Got a RAID5 (4 disks + 1 parity) and a journal(consistency policy=journal).
Starting by failing one of the disks so the array becomes degraded.
then, I failing the 2nd disk and the journal at the same time (using dm-flakey)
when I initiate the write.
While examine the parity disk I've noticed that the parity got calculated as
if the write succeeded. this is shown by the reproduce script above.
Not sure I understands your comment on resync since we are in journal policy.

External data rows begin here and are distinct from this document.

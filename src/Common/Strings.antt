-- ===== src/Common/Strings.antt =====
-- The functions of Go's strings and bytes packages that the source uses, on byte lists.
use Prim.Native.Nat.{ℕ}
use mathlib.Core.Bool.{Bool, true, false, ◌&&◌}
use mathlib.Core.List.{[], ◌∷◌}
use enimul.Common.Tests.{◌==◌, Bytes}

-- `strings.Contains(s, ".")`, for the byte `b` in place of the dot.
unfoldable pub contains_byte : ℕ → Bytes → Bool
contains_byte b [] = false
contains_byte b (c ∷ cs) = elim (c == b) [ true ↦ true | false ↦ contains_byte b cs ]

-- `strings.HasPrefix(s, prefix)`
unfoldable pub has_prefix : Bytes → Bytes → Bool
has_prefix s [] = true
has_prefix [] (p ∷ ps) = false
has_prefix (c ∷ s) (p ∷ ps) = c == p && has_prefix s ps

if parity is invalid how can we guarantee data will be valid?
Appreciate you response. 

>> +    }
>>         should_defer = conf->batch_bio_dispatch && conf->group_cnt;
>>   @@ -3672,6 +3689,10 @@ handle_failed_stripe(struct r5conf *conf, struct stripe_head *sh,
>>            * still be locked - so just clear all R5_LOCKED flags
>>            */
>>           clear_bit(R5_LOCKED, &sh->dev[i].flags);
>> +        clear_bit(R5_Wantwrite, &sh->dev[i].flags);
>> +        clear_bit(R5_Wantcompute, &sh->dev[i].flags);
>> +        clear_bit(R5_WantFUA, &sh->dev[i].flags);
>> +        clear_bit(R5_Wantdrain, &sh->dev[i].flags);
>>       }
>>       s->to_write = 0;
>>       s->written = 0;
>> @@ -4966,12 +4987,9 @@ static void handle_stripe(struct stripe_head *sh)
>>       /*
>>        * check if the array has lost more than max_degraded devices and,
>>        * if so, some requests might need to be failed.
>> -     *
>> -     * When journal device failed (log_failed), we will only process
>> -     * the stripe if there is data need write to raid disks
>>        */
>>       if (s.failed > conf->max_degraded ||
>> -        (s.log_failed && s.injournal == 0)) {
>> +        (s.log_failed && (s.to_write || s.written || s.syncing))) {
>>           sh->check_state = 0;
>>           sh->reconstruct_state = 0;
>>           break_stripe_batch_list(sh, 0);
>>
> 
I think the changes in handle_stripe() are wrong here.